Monday, December 2, 2024

Government Marijuana Is Inferior And Moldy, Researcher Claims

The marijuana farmers on the 12-acre farm at the University of Mississippi have one job: To provide research-grade cannabis for scientists. And, according to one top researcher, the government-run facility has failed. Badly. It turns out the government marijuana is inferior and moldy.

Sue Sisley, who was awarded a grant to study cannabis as a treatment for military veterans suffering from chronic post-traumatic stress disorder, the dried marijuana she received from the university was moldy and had the consistency of talcum powder.

“It didn’t resemble cannabis. It didn’t smell like cannabis,” Sisley told PBS. “They weren’t able to produce what we were asking for.”

According to Sisley, the medical marijuana she received was contaminated with mold and the chemical potency was not what she had requested for the study.

To exacerbate the problem, there is no other legal source of marijuana for Sisley — or any American scientist for that matter — to conduct experiments. The University of Mississippi facility is operated by the National Institute on Drug Abuse (NIDA).

As PBS reports:

Since 1968, it has been the only facility licensed by the DEA to produce the plant for clinical research. While eight states and the District of Columbia have legalized marijuana — and all but a handful allow at least some medical cannabis — growing the plant in large quantities remains forbidden under federal law. For all practical purposes, that means that any medical study that wants to use marijuana on human subjects must go through the University of Mississippi.
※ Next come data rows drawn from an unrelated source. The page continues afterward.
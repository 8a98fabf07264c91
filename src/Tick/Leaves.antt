-- ===== src/Tick/Leaves.antt =====
-- bteng/nodes/leaf: action.py, condition.py, stateful_action.py and builtins.py.
-- A blackboard key that is not a text is taken to raise TypeError, and what a feedback message
-- quotes is left out of it.
use bteng.Prelude.{ℕ, String, Option, none, some, if◌then◌else◌}
use bteng.Value.{Status, running, success, failure, Value, none_value, text, truthy}
use bteng.Node.{
  Base, Leaf, leaf, function_action, function_condition, custom_action, custom_condition,
  stateful_action, always_success, always_failure, always_running, set_blackboard, check_blackboard,
}
use bteng.World.{World, Host, Phase, call, on_start, on_running, run_client, board_set, board_has}
use bteng.World.Ports.{get_input}
use bteng.Lifecycle.{is_running}
use bteng.Tick.{Outcome, type_error, client_error, returned, invalid, raised, Ticked}

-- What the client's function returned, or raised.
unfoldable pub function_outcome : ℕ → Option Value → Outcome
function_outcome uid none = raised (client_error uid)
function_outcome uid (some (Value.status s)) = returned s
function_outcome uid (some v) = returned (if truthy v then success else failure)

-- What the client's `tick` returned: not converted.
unfoldable pub method_outcome : ℕ → Option Value → Outcome
method_outcome uid none = raised (client_error uid)
method_outcome uid (some (Value.status s)) = returned s
method_outcome uid (some v) = invalid

-- A call of the client's code at a leaf.
unfoldable pub run_leaf : Host → (Option Value → Outcome) → Phase → Base → Leaf → World → Ticked
run_leaf host outcome phase b l w =
    let (reply, feedback, w') =
      run_client host (record { uid = b.uid; phase = phase }) b.feedback_message w in
    record {
      outcome = outcome reply;
      node = leaf (record b { feedback_message = feedback }) l;
      world = w';
    }

abbrev pub builtin : Outcome → Base → String → Leaf → World → Ticked
builtin o b message l w = record {
  outcome = o;
  node = leaf (record b { feedback_message = message }) l;
  world = w;
}

-- SetBlackboard.tick, for the node's blackboard and the value of the port "key".
unfoldable pub write_key : Host → Base → Option ℕ → Value → World → Ticked
write_key host b board none_value w =
    builtin (returned failure) b "port 'key' not set" set_blackboard w
write_key host b none key w = builtin (returned failure) b "no blackboard attached" set_blackboard w
write_key host b (some id) (text key) w =
    builtin (returned success) b key set_blackboard
      (board_set host id key (get_input w b.config "value" none_value) (some b.uid) w)
write_key host b (some id) key w =
    builtin (raised (type_error b.uid)) b b.feedback_message set_blackboard w

-- CheckBlackboard.tick
unfoldable pub check_key : Base → Option ℕ → Value → World → Ticked
check_key b board none_value w =
    builtin (returned failure) b "port 'key' not set" check_blackboard w
check_key b none key w = builtin (returned failure) b "not set" check_blackboard w
check_key b (some id) (text key) w =
    if board_has w id key
    then builtin (returned success) b key check_blackboard w
    else builtin (returned failure) b "not set" check_blackboard w
check_key b (some id) key w =
    builtin (raised (type_error b.uid)) b b.feedback_message check_blackboard w

abbrev pub constant : Status → Base → Leaf → World → Ticked
constant s b l w = record { outcome = returned s; node = leaf b l; world = w }

unfoldable pub tick_leaf : Host → Base → Leaf → World → Ticked
unfolding function_outcome method_outcome run_leaf write_key check_key
tick_leaf host b function_action w = run_leaf host (function_outcome b.uid) call b function_action w
tick_leaf host b function_condition w =
    run_leaf host (function_outcome b.uid) call b function_condition w
tick_leaf host b (custom_action ports) w =
    run_leaf host (method_outcome b.uid) call b (custom_action ports) w
tick_leaf host b (custom_condition ports) w =
    run_leaf host (method_outcome b.uid) call b (custom_condition ports) w
tick_leaf host b (stateful_action ports) w =
    run_leaf host (method_outcome b.uid) (if is_running b then on_running else on_start) b
      (stateful_action ports) w
tick_leaf host b always_success w = constant success b always_success w
tick_leaf host b always_failure w = constant failure b always_failure w
tick_leaf host b always_running w = constant running b always_running w
tick_leaf host b set_blackboard w =
    write_key host b b.config.blackboard (get_input w b.config "key" none_value) w
tick_leaf host b check_blackboard w =
    check_key b b.config.blackboard (get_input w b.config "key" none_value) w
Rick Doblin, whose organization Multidisciplinary Association for Psychedelic Studies (MAPS) is partnering with Sisley on the research, told PBS that this recent episode “shows that NIDA is completely inadequate as a source of marijuana for drug development and research. They’re in no way capable of assuming the rights and responsibilities for handling a drug that we’re hoping to be approved by the FDA as prescription medicine,” he said.
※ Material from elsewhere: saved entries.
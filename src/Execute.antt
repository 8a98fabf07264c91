-- ===== src/Execute.antt =====
-- bteng/core/node.py: TreeNode.execute_tick, on the whole tree.
pub mod Valid
use bteng.Prelude.{
  ℕ, ◌+◌, Bool, true, false, Option, none, some, List, [], ◌∷◌, ◌&&◌, not, if◌then◌else◌,
}
use bteng.Value.{Status, idle, running, success, failure, is_status}
use bteng.Node.{
  Node, Nodes, leaf, control, decorator, nil, cons, Base, base, with_base, Leaf, Decorator, Control,
  sequence, fallback, parallel, reactive_sequence, reactive_fallback,
}
use bteng.World.{World, Host, on_node_tick, log_transition, record_event}
use bteng.Tick.{Outcome, type_error, returned, invalid, raised, Ticked, Child}
use bteng.Tick.Sequence.{tick_sequence}
use bteng.Tick.Fallback.{tick_fallback}
use bteng.Tick.Parallel.{tick_parallel}
use bteng.Tick.ReactiveSequence.{tick_reactive_sequence}
use bteng.Tick.ReactiveFallback.{tick_reactive_fallback}
use bteng.Tick.Decorators.{tick_decorator}
use bteng.Tick.Leaves.{tick_leaf}

-- The tracer, then the inspector.
unfoldable pub report : Base → Status → Status → World → World
unfolding record_event
report b prev new w =
    let traced =
      if b.tracer && not (is_status prev new)
      then record_event (log_transition b.uid prev new) w
      else w in
    if b.inspector
    then record_event (on_node_tick b.uid prev new b.feedback_message) traced
    else traced

-- `execute_tick` behind `tick()`, for an accepted status.
unfoldable pub accept : Status → Status → Node → World → Ticked
unfolding report
accept prev new n w = record {
  outcome = returned new;
  node = with_base n (record (base n) { status = new; tick_count = (base n).tick_count + 1 });
  world = report (base n) prev new w;
}

-- `execute_tick` behind `tick()`, by what it returned; `prev` is the status before it.
unfoldable pub conclude_on : Status → Outcome → Node → World → Ticked
unfolding accept
conclude_on prev (returned running) n w = accept prev running n w
conclude_on prev (returned success) n w = accept prev success n w
conclude_on prev (returned failure) n w = accept prev failure n w
conclude_on prev (raised e) n w = record { outcome = raised e; node = n; world = w }
conclude_on prev o n w = record { outcome = raised (type_error (base n).uid); node = n; world = w }

unfoldable pub conclude : Status → Ticked → Ticked
unfolding conclude_on
conclude prev t = conclude_on prev t.outcome t.node t.world

module _ (host : Host) where
  unfoldable pub tick_control : Base → Control → List Child → World → Ticked
  tick_control b (sequence i) cs w = tick_sequence host b i cs w
  tick_control b (fallback i) cs w = tick_fallback host b i cs w
  tick_control b (parallel p) cs w = tick_parallel host b p cs w
  tick_control b (reactive_sequence r) cs w = tick_reactive_sequence host b r cs w
  tick_control b (reactive_fallback r) cs w = tick_reactive_fallback host b r cs w

  unfoldable mutual
    unfolding tick_control conclude

    pub execute_tick : Node → World → Ticked
    execute_tick (leaf b l) w = conclude b.status (tick_leaf host b l w)
    execute_tick (control b c ns) w = conclude b.status (tick_control b c (as_children ns) w)
    execute_tick (decorator b d n) w =
        conclude b.status
          (tick_decorator host b d (record { node = n; run = λ w'. execute_tick n w' }) w)

    pub as_children : Nodes → List Child
    as_children nil = []
    as_children (cons n ns) = record { node = n; run = λ w'. execute_tick n w' } ∷ as_children ns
NIDA claims there have been no previous complaint about mold or potency, but it admits that the cannabis is not tested before being delivered to researchers.

“There’s no telling how many subjects in past studies were exposed,” Sisley warned.

According to the PBS report:

One sample, billed as having a 13 percent level of THC — the main psychoactive compound in marijuana — had just 8 percent when tested at the independent facility in Colorado. Other samples were off by lesser amounts. Subsequent testing at the University of Illinois-Chicago confirmed the presence of total yeast and mold. The Chicago tests also found all four samples contained trace amounts of lead, though well below the levels generally considered to be hazardous, at least for adults.

“We waited 20 months to get going, and then we got this sub-optimal study drug,” Sisley said. “The longer we allow this monopoly to continue, the more efficacy [of the] research will continue to be thwarted.”